La tragedia de Wilson Cabezahueca (fragmento)

"Con todo su sentido común y habilidad práctica para los quehaceres cotidianos, Roxy era una sufrida madraza. Era así con su hijo, e incluso mucho más. A causa de la farsa que había inventado, el pequeño se había convertido en su amo y señor. La necesidad de aparentar esa relación y de tener que perfeccionar las formas acordes con la situación la llevaron a tal grado de diligencia para lograr su objetivo que muy pronto aquel tratamiento deferente se convirtió en un hábito, llegando a ser automático e inconsciente. Le siguió más tarde una consecuencia natural: comenzó a creerse la ilusoria verdad que había preparado minuciosamente para los demás.
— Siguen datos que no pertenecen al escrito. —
-- ===== src/Schema/Integers.antt =====
-- The signed integers of Rust over the native numbers, and its casts between them (`as i16`,
-- `as i32`, `as i64`), which keep the value modulo 2 ^ w.
pub mod Casts
use Prim.Native.Nat.{◌*◌, ◌/◌, ◌%◌}
use pg_analytics.Prelude.{ℕ, zero, suc, ◌+◌, ◌-◌, ◌<◌, Bool, leb, ltb, if◌then◌else◌}

-- `negsuc n` is -(n + 1).
pub data ℤ : Type 0 where
  pos : ℕ → ℤ
  negsuc : ℕ → ℤ

-- `value as i{w}` for `half` = 2 ^ (w - 1).
unfoldable pub cast : ℕ → ℤ → ℤ
cast half (pos n) =
    let r = n % (2 * half) in if ltb r half then pos r else negsuc (2 * half - 1 - r)
cast half (negsuc n) =
    let r = n % (2 * half) in if ltb r half then negsuc r else pos (2 * half - 1 - r)

abbrev pub half_i16 : ℕ
half_i16 = 0x8000

abbrev pub half_i32 : ℕ
half_i32 = 0x80000000

abbrev pub half_i64 : ℕ
half_i64 = 0x8000000000000000

-- The value is one of a signed type of Rust: -half ≤ v < half.
abbrev pub InRange : ℕ → ℤ → Type 0
InRange half (pos n) = n < half
InRange half (negsuc n) = n < half

-- Multiplication by, and truncating division by, a positive constant.
abbrev pub times : ℕ → ℤ → ℤ
times zero z = pos 0
times (suc k) (pos n) = pos (n * suc k)
times (suc k) (negsuc n) = negsuc (suc n * suc k - 1)

abbrev pub divided : ℕ → ℤ → ℤ
divided k (pos n) = pos (n / k)
divided k (negsuc n) = if leb k (suc n) then negsuc (suc n / k - 1) else pos 0
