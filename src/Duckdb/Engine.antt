-- ===== src/Duckdb/Engine.antt =====
-- DuckDB and Arrow as the extension uses them: the crates `duckdb` and `arrow` are not part of the
-- repository, so their types and functions are a parameter.
use pg_analytics.Prelude.{ℕ, Option, List}
use pg_analytics.Text.{Text}
use pg_analytics.Result.{Result}

pub record Engine : Type 1 where
  -- The database behind a connection, a prepared statement, and Arrow's record batches.
  pub Db : Type 0
  pub Stmt : Type 0
  pub Batch : Type 0
  pub Array : Type 0
  -- `Connection::open_in_memory`
  pub open_in_memory : Result Db
  -- `Connection::prepare`, which runs nothing.
  pub prepare : Text → Db → Result Stmt
  -- `Statement::query` on a catalog function or table: the rows, each of which may fail, with the
  -- columns as texts, none for NULL.
  pub query : Stmt → Db → Result (List (Result (List (Option Text))))
  -- `Statement::query_arrow`, with the batches that the stream will give.
  pub query_arrow : Stmt → Db → Result (List Batch) × Db
  -- `Connection::execute`
  pub execute : Text → Db → Result ℕ × Db
  -- `RecordBatch::num_rows` and `RecordBatch::column`, which panics out of range.
  pub num_rows : Batch → ℕ
  pub column : Batch → ℕ → Result Array
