-- ===== src/Options.antt =====
-- The options of foreign tables and user mappings, as `HashMap<String, String>`, and the enums
-- that name the options of one kind (src/fdw/base.rs, src/duckdb/*.rs).
pub mod Reference
pub mod Lookup
use pg_analytics.Prelude.{◌||◌, Bool, true, false, Option, none, some, List, [], ◌∷◌, if◌then◌else◌}
use pg_analytics.Text.{Text, same}

-- A `HashMap<String, String>`, as its entries; at most one of a key counts.
abbrev pub OptionMap : Type 0
OptionMap = List (Text × Text)

-- `HashMap::get`
unfoldable pub get : OptionMap → Text → Option Text
get [] key = none
get ((k, v) ∷ m) key = if same k key then some v else get m key

-- `HashMap::is_empty`
unfoldable pub is_empty : OptionMap → Bool
is_empty [] = true
is_empty (kv ∷ m) = false

-- What `IntoEnumIterator`, `AsRef<str>` and `OptionValidator` give of an enum of options.
pub record OptionEnum (T : Type 0) : Type 0 where
  pub iter : List T
  pub as_ref : T → Text
  pub is_required : T → Bool

-- `HashMap::contains_key`
unfoldable pub contains_key : OptionMap → Text → Bool
contains_key [] key = false
contains_key ((k, v) ∷ m) key = same k key || contains_key m key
La fingida pleitesía se tornó real, así como también ocurrió con el a priori falso servilismo. Su sumisión aumentaba por momentos y la simulada escisión entre supuesta-esclava y supuesto-amo fue ensanchándose hasta llegar a un verdadero abismo. En un lado de este estaba Roxy, la víctima de su propia patraña; en el otro, su propio hijo, quien para ella ya no era un suplantador, sino su reconocido amo. Este era su bien más preciado, su señor y dios todo en uno y, así, sumida en la más profunda devoción por él, se olvidó de quién era ella y de lo que su joven vástago había sido.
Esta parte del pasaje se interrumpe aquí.